WORK TO COMPLETE:
After finding the line with "b.size + length ks" in the entries below, retype exactly each line from there through the line with "let all : (n", including that final line.

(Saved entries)

========================================================================

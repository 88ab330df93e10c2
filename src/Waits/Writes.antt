-- ===== src/Waits/Writes.antt =====
-- What a blocking write comes to.
use mathlib.Core.List.{append_assoc}
use demo_testbench.Base.{
  ℕ, suc, ◌+◌, ◌-◌, ◌≤◌, ◌<◌, ◌%◌, ◌^◌, ◌==◌, ltb, if◌then◌else◌, List, [], ◌∷◌, ◌++◌, length, take,
  drop, min,
}
use demo_testbench.Base.{
  done, hang, Status, ◌≡◌, refl, sym, ap, ◌∙◌, arith, Bool-cases, inl, inr, ◌⊎◌, true, false,
  take_all, take-append-drop, length-append, length-drop, length-take, drop_left, drop-add,
}
use demo_testbench.Cbuf
use demo_testbench.Cbuf.{Cbuf, fill_level, free_level}
use demo_testbench.Cbuf.Valid.{IsValid, free_level_lem}
use demo_testbench.Cbuf.Contents.{contents, length-contents}
use demo_testbench.Cbuf.Fifo.{get, put, discard_refines, write_refines}
use demo_testbench.Waits.{write_some, write_all}

some_from :
    (b : Cbuf) (xs : List ℕ) (n : ℕ) (s : Status) (b' : Cbuf)
    → (if ltb (free_level b % 2 ^ 32) (length xs) then free_level b % 2 ^ 32 else length xs) ≡ n
    → Cbuf.write b xs n ≡ done (s, b')
    → write_some b xs ≡ done (n, b')
unfolding write_some
some_from b xs n s b' e w = rw (e, w) refl

-- A write that does not block puts in as many bytes as there is room for.
pub write_some_lem :
    (b : Cbuf) (xs : List ℕ)
    → IsValid b
    → b.size < 2 ^ 31
    → let n = min (b.size - length (contents b)) (length xs) in
      (b' : Cbuf) × (write_some b xs ≡ done (n, b'))
      × (contents b' ≡ contents b ++ take n xs)
      × IsValid b'
      × (b'.size ≡ b.size)
unfolding put
write_some_lem b xs v small =
    let q = contents b in
    let n = min (b.size - length q) (length xs) in
    let level : free_level b % 2 ^ 32 ≡ b.size - length q =
      omega (arith, free_level_lem v, length-contents b) in
    let least : (if ltb (free_level b % 2 ^ 32) (length xs)
          then free_level b % 2 ^ 32
          else length xs)
        ≡ n =
      rw level (ground arith) in
    let len : length (take n xs) ≡ n = omega (arith, length-take n xs) in
    let fits : ltb b.size (length q + length (take n xs)) ≡ false =
      ground (arith, len, v.level_in, length-contents b) in
    let (b', writes, holds, valid, same) = write_refines xs n v (omega arith) in
    (b', some_from b xs n _ b' least writes, rw fits at holds, valid, same)

-- Taking bytes from a ring takes some number of the oldest.
taken :
    (b : Cbuf) (k : ℕ)
    → IsValid b
    → let b' = (Cbuf.discard b k).1 in
      IsValid b'
      × (b'.size ≡ b.size)
      × ((g : ℕ) × (g ≤ length (contents b))
          × (contents b' ≡ drop g (contents b))
          × (k ≤ length (contents b) → g ≡ k))
unfolding get
taken b k v =
    let (s, holds, valid, same) = discard_refines k v in
    elim (Bool-cases (ltb (length (contents b)) k)) [
      | inl few ↦
          (valid, same, (0, omega arith, rw few at holds, λ h. absurd (ground (arith, few))))
      | inr enough ↦ (valid, same, (k, ground (arith, enough), rw enough at holds, λ h. refl))
    ]

regrouped :
    (q xs : List ℕ) (n k g : ℕ)
    → k ≤ length (q ++ take n xs)
    → drop g (drop k (q ++ take n xs) ++ drop n xs) ≡ drop (k + g) (q ++ xs)
regrouped q xs n k g h =
    let whole : (q ++ take n xs) ++ drop n xs ≡ q ++ xs =
      append_assoc q (take n xs) (drop n xs) ∙ ap (λ l. q ++ l) (take-append-drop n xs) in
    ap (λ l. drop g l) (sym (drop_left k (q ++ take n xs) (drop n xs) h) ∙ ap (λ l. drop k l) whole)
    ∙ sym (drop-add k g (q ++ xs))

-- A blocking write leaves no object: it goes on for ever, or all its bytes have gone into the ring,
-- in order, behind those that were there, and the thread has taken some of the oldest.
pub write_all-Sent :
    (ks : List ℕ) (b : Cbuf) (xs : List ℕ)
    → IsValid b
    → b.size < 2 ^ 31
    → (write_all ks b xs ≡ hang)
      ⊎ ((b' : Cbuf) × (ks' : List ℕ) × (write_all ks b xs ≡ done (b', ks'))
          × IsValid b'
          × (b'.size ≡ b.size)
          × ((gone : ℕ) × (contents b' ≡ drop gone (contents b ++ xs))))
unfolding write_all
write_all-Sent [] b xs v small =
    let n = min (b.size - length (contents b)) (length xs) in
    let (b1, writes, holds, v1, same) = write_some_lem b xs v small in
    elim (Bool-cases (n == length xs)) [
      | inl all ↦
          let whole : take n xs ≡ xs = take_all n xs (ground (arith, all)) in
          inr
            (b1, [], rw (writes, all) refl, v1, same, (0, holds ∙ ap (λ l. contents b ++ l) whole))
      | inr part ↦ inl (rw (writes, part) refl)
    ]
write_all-Sent (k ∷ ks) b xs v small =
    let n = min (b.size - length (contents b)) (length xs) in
    let (b1, writes, holds, v1, same) = write_some_lem b xs v small in
    elim (Bool-cases (n == length xs)) [
      | inl all ↦
          let whole : take n xs ≡ xs = take_all n xs (ground (arith, all)) in
          inr (
            b1,
            k ∷ ks,
            rw (writes, all) refl,
            v1,
            same,
            (0, holds ∙ ap (λ l. contents b ++ l) whole),
          )
      | inr part ↦
          let (v2, same2, (g, g_le, left, _)) = taken b1 k v1 in
          let b2 = (Cbuf.discard b1 k).1 in
          rw (writes, part)
            (elim (write_all-Sent ks b2 (drop n xs) v2 (omega (arith, same, same2))) [
              | inl waits ↦ inl waits
              | inr (b', ks', ends, v', same', (gone, holds')) ↦ inr (
                b',
                ks',
                ends,
                v',
                same' ∙ (same2 ∙ same),
                (
                  g + gone,
                  holds'
                      ∙ (ap (λ l. drop gone (l ++ drop n xs)) (left ∙ ap (λ l. drop g l) holds)
                          ∙ regrouped (contents b) xs n g gone
                              (omega (arith, g_le, ap (λ l. length l) holds))),
                ),
              )
            ])
    ]

-- The thread takes some bytes in every round, and no more than a ring of `cap` holds.
pub TakeBytes : ℕ → List ℕ → Type 0
TakeBytes cap [] = Unit
TakeBytes cap (k ∷ ks) = (0 < k) × (k ≤ cap) × TakeBytes cap ks

rounds_left :
    (size held len k rest : ℕ)
    → let n = min (size - held) len in
      (n == len) ≡ false
      → held ≤ size
      → held + len ≤ size + suc rest
      → 0 < k
      → k ≤ size
      → (size - k) + (len - n) ≤ size + rest
rounds_left size held len k rest part h1 h2 h3 h4 = ground arith

-- With that in as many rounds as there are bytes for which there is no room yet, the write ends.
pub write_all-TakeBytes :
    (ks : List ℕ) (b : Cbuf) (xs : List ℕ)
    → IsValid b
    → b.size < 2 ^ 31
    → TakeBytes b.size ks
    → length (contents b) + length xs ≤ b.size + length ks
    → (b' : Cbuf) × (ks' : List ℕ) × (write_all ks b xs ≡ done (b', ks'))
unfolding write_all TakeBytes
write_all-TakeBytes [] b xs v small takes enough =
    let n = min (b.size - length (contents b)) (length xs) in
    let (b1, writes, holds, v1, same) = write_some_lem b xs v small in
    let all : (n == length xs) ≡ true = ground arith in (b1, [], rw (writes, all) refl)
write_all-TakeBytes (k ∷ ks) b xs v small takes enough =
    let n = min (b.size - length (contents b)) (length xs) in
    let (b1, writes, holds, v1, same) = write_some_lem b xs v small in
    elim (Bool-cases (n == length xs)) [
      | inl all ↦ (b1, k ∷ ks, rw (writes, all) refl)
      | inr part ↦
          let (v2, same2, (g, g_le, left, exact)) = taken b1 k v1 in
          let b2 = (Cbuf.discard b1 k).1 in
          let full : length (contents b1) ≡ b.size = ground (
            arith,
            ap (λ l. length l) holds,
            length-append (contents b) (take n xs),
            length-take n xs,
            part,
            length-contents b,
            v.level_in,
          ) in
          let fewer : length (contents b2) ≡ b.size - k = omega (
            arith,
            ap (λ l. length l) left,
            length-drop g (contents b1),
            exact (omega (arith, takes.1, full)),
            full,
          ) in
          let later =
            rounds_left b.size (length (contents b)) (length xs) k (length ks) part
              (omega (arith, v.level_in, length-contents b)) (omega (arith, enough)) takes.0
              takes.1 in
          let takes' : TakeBytes b2.size ks = rw (same2 ∙ same) takes.2 in
          let (b', ks', ends) =
            write_all-TakeBytes ks b2 (drop n xs) v2 (omega (arith, same, same2)) takes'
              (omega (arith, fewer, length-drop n xs, same, same2, later)) in
          (b', ks', rw (writes, part) ends)
    ]
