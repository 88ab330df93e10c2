-- ===== src/Jtag/Client/Laws.antt =====
-- What the client's calls do.
use demo_testbench.Base.{
  ℕ, ◌^◌, ◌≤◌, ◌<◌, ◌==◌, ltb, if◌then◌else◌, take, drop, min, List, ◌++◌, length,
}
use demo_testbench.Base.{
  ◌≡◌, refl, ap, subst, ◌∙◌, sym, arith, not, true, false, length-take, done, hang, ok, etimedout,
  inl, inr, ◌⊎◌, Status,
}
use demo_testbench.Cbuf
use demo_testbench.Cbuf.{Cbuf, fill_level}
use demo_testbench.Cbuf.Valid.{IsValid, fill_level_lem}
use demo_testbench.Cbuf.Contents.{contents, length-contents}
use demo_testbench.Cbuf.Fifo.{get, read_refines}
use demo_testbench.Uart.{min_int}
use demo_testbench.Uart.Thread.Laws.{min_int_lem}
use demo_testbench.Jtag.{Jtag}
use demo_testbench.Jtag.Client.{read_some, gb_jtag_read, gb_jtag_read_b, gb_jtag_write_b}
use demo_testbench.Waits.{Wake, wait_filled}
use demo_testbench.Waits.Laws.{
  arrive, Waited, wait_filled-Grown, BringBytes, wait_filled-BringBytes,
}
use demo_testbench.Waits.Writes.{write_all-Sent}

read_some_from :
    (b b' : Cbuf) (size : ℕ) (data' out : List ℕ) (size_read n : ℕ)
    → min_int (fill_level b) size ≡ n
    → Cbuf.read b data' n ≡ done (ok, out, b')
    → read_some b size data' size_read ≡ done (ok, out, n, b')
unfolding read_some
read_some_from b b' size data' out size_read n e r = rw (e, r) refl

-- The oldest bytes, as many as there are, up to `size`.
read_some_lem :
    (b : Cbuf) (size : ℕ) (data' : List ℕ) (size_read : ℕ)
    → IsValid b
    → b.size < 2 ^ 31
    → size < 2 ^ 31
    → size ≤ length data'
    → let n = min (length (contents b)) size in
      (b' : Cbuf) × (read_some b size data' size_read
        ≡ done (ok, take n (contents b) ++ drop n data', n, b'))
      × (contents b' ≡ drop n (contents b))
      × IsValid b'
      × (b'.size ≡ b.size)
unfolding get
read_some_lem b size data' size_read v small few room =
    let q = contents b in
    let n = min (length q) size in
    let level : fill_level b ≡ length q = fill_level_lem v ∙ sym (length-contents b) in
    let bound : length q < 2 ^ 31 = omega (arith, v.level_in, length-contents b) in
    let fits : ltb (length q) n ≡ false = ground arith in
    let taken : get q n ≡ (ok, take n q, drop n q) = rw fits refl in
    let len : length (take n q) ≡ n = omega (arith, length-take n q) in
    let (b', reads, left, valid, same) =
      read_refines data' n v (omega (arith, small)) (omega arith) in
    let least : min_int (fill_level b) size ≡ n =
      ap (λ k. min_int k size) level ∙ min_int_lem (length q) size bound few in
    (
      b',
      read_some_from b b' size data' (take n q ++ drop n data') size_read n least (
          reads
          ∙ (ap (λ r. done (r.0, r.1 ++ drop (length r.1) data', b')) taken
              ∙ ap (λ k. done (ok, take n q ++ drop k data', b')) len)),
      left ∙ ap (λ r. r.2) taken,
      valid,
      same,
    )

read_b_from :
    (u : Jtag) (size n : ℕ) (data' out : List ℕ) (size_read : ℕ) (ws ws' : List Wake) (b b' : Cbuf)
    (s : Status)
    → size ≤ 65536
    → wait_filled size ws u.read_buf ≡ done (b, ws')
    → read_some b size data' 0 ≡ done (ok, out, n, b')
    → (if not (size == n) then etimedout else ok) ≡ s
    → gb_jtag_read_b u ws 0 size data' size_read ≡ done (s, out, n, record u { read_buf = b' }, ws')
unfolding gb_jtag_read_b gb_jtag_read
read_b_from u size n data' out size_read ws ws' b b' s few waits reads says =
    let not_large : ltb 65536 size ≡ false = ground arith in rw (not_large, waits, reads, says) refl

-- On a valid ring of at most 64 KiB, with an array that has room for the bytes asked for, at most
-- 64 KiB: a blocking read goes on for ever, or it uses the first of the waits, until the ring
-- holds the bytes asked for or a wait gives up, and gives the oldest of the bytes that were there
-- and of those that these waits have brought behind them, up to size, in order, and leaves the
-- others (a wait for whose bytes there is no room brings none); it is a success exactly with all
-- bytes asked for, and a timeout with fewer.
pub gb_jtag_read_b_lem :
    (u : Jtag) (ws : List Wake) (size : ℕ) (data' : List ℕ) (size_read : ℕ)
    → IsValid u.read_buf
    → u.read_buf.size ≤ 65536
    → size ≤ 65536
    → size ≤ length data'
    → (gb_jtag_read_b u ws 0 size data' size_read ≡ hang)
      ⊎ ((used ws' : List Wake) × (b : Cbuf) × let q =
              arrive u.read_buf.size (contents u.read_buf) used in
            let n = min (length q) size in
            (ws ≡ used ++ ws')
            × Waited size u.read_buf.size (contents u.read_buf) used
            × (gb_jtag_read_b u ws 0 size data' size_read
                ≡ done (
                  if not (size == n) then etimedout else ok,
                  take n q ++ drop n data',
                  n,
                  record u { read_buf = b },
                  ws',
                ))
            × (contents b ≡ drop n q)
            × IsValid b
            × (b.size ≡ u.read_buf.size))
unfolding gb_jtag_read_b
gb_jtag_read_b_lem u ws size data' size_read v small few room =
    elim (wait_filled-Grown size ws u.read_buf v) [
      | inl waits ↦
          let not_large : ltb 65536 size ≡ false = ground arith in inl (rw (not_large, waits) refl)
      | inr (b, used, ws', parts, waits, g) ↦
          let (b', reads, left, valid, same) =
            read_some_lem b size data' 0 g.valid (omega (arith, g.same_size)) (omega arith) room in
          let q = arrive u.read_buf.size (contents u.read_buf) used in
          let n = min (length q) size in
          let reads' =
            subst
              (λ l.
                read_some b size data' 0
                ≡ done (
                  ok,
                  take (min (length l) size) l ++ drop (min (length l) size) data',
                  min (length l) size,
                  b',
                ))
              g.holds reads in
          inr (
            used,
            ws',
            b',
            (
              parts,
              g.ended,
              read_b_from u size n data' _ size_read ws ws' b b' _ few waits reads' refl,
              left ∙ ap (λ l. drop (min (length l) size) l) g.holds,
              valid,
              same ∙ g.same_size,
            ),
          )
    ]

-- On such a ring and with such an array: if each wait that is made ends with a change and brings no more
-- bytes than there is room for at that time, until the ring holds the bytes asked for, a blocking read
-- succeeds, with all of them.
pub gb_jtag_read_b-BringBytes :
    (u : Jtag) (ws : List Wake) (size : ℕ) (data' : List ℕ) (size_read : ℕ)
    → IsValid u.read_buf
    → u.read_buf.size ≤ 65536
    → size ≤ 65536
    → size ≤ length data'
    → BringBytes size u.read_buf.size (length (contents u.read_buf)) ws
    → (out : List ℕ) × (u' : Jtag) × (ws' : List Wake) × (gb_jtag_read_b u ws 0 size data' size_read
        ≡ done (ok, out, size, u', ws'))
gb_jtag_read_b-BringBytes u ws size data' size_read v small few room brings =
    let (b, ws', waits, v1, size1, full) = wait_filled-BringBytes size ws u.read_buf v brings in
    let (b', reads, left, valid, same) =
      read_some_lem b size data' 0 v1 (omega (arith, size1)) (omega arith) room in
    let all : min (length (contents b)) size ≡ size = omega (arith, full) in
    let reads' =
      subst (λ n. read_some b size data' 0 ≡ done (ok, take n (contents b) ++ drop n data', n, b'))
        all reads in
    let test : (size == size) ≡ true = ground arith in
    let good : (if not (size == size) then etimedout else ok) ≡ ok = rw test refl in
    (
      _,
      record u { read_buf = b' },
      ws',
      read_b_from u size size data' _ size_read ws ws' b b' ok few waits reads' good,
    )

-- On a valid ring below 2^31 bytes, and however the waits end: a blocking write goes on for ever, or
-- succeeds with all its bytes in the ring, in order, behind those that were there, of which the thread
-- has taken some of the oldest.
pub gb_jtag_write_b-Sent :
    (u : Jtag) (ks : List ℕ) (size : ℕ) (data' : List ℕ) (size_written : ℕ)
    → IsValid u.write_buf
    → u.write_buf.size < 2 ^ 31
    → size ≤ length data'
    → (gb_jtag_write_b u ks 0 size data' size_written ≡ hang)
      ⊎ ((b : Cbuf) × (ks' : List ℕ) × (gone : ℕ) × (gb_jtag_write_b u ks 0 size data' size_written
            ≡ done (ok, size, record u { write_buf = b }, ks'))
          × (contents b ≡ drop gone (contents u.write_buf ++ take size data'))
          × IsValid b
          × (b.size ≡ u.write_buf.size))
unfolding gb_jtag_write_b
gb_jtag_write_b-Sent u ks size data' size_written v small room =
    let enough : ltb (length data') size ≡ false = ground arith in
    let len : length (take size data') ≡ size = omega (arith, length-take size data') in
    let whole : (size == size) ≡ true = ground arith in
    elim (write_all-Sent ks u.write_buf (take size data') v small) [
      | inl waits ↦ inl (rw (enough, waits) refl)
      | inr (b, ks', ends, v', same, (gone, holds)) ↦
          inr (b, ks', gone, rw (enough, ends, len, whole) refl, holds, v', same)
    ]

========================================================================

THE COMPLETED TASK:
    → length (contents b) + length xs ≤ b.size + length ks
    → (b' : Cbuf) × (ks' : List ℕ) × (write_all ks b xs ≡ done (b', ks'))
unfolding write_all TakeBytes
write_all-TakeBytes [] b xs v small takes enough =
    let n = min (b.size - length (contents b)) (length xs) in
    let (b1, writes, holds, v1, same) = write_some_lem b xs v small in
    let all : (n == length xs) ≡ true = ground arith in (b1, [], rw (writes, all) refl)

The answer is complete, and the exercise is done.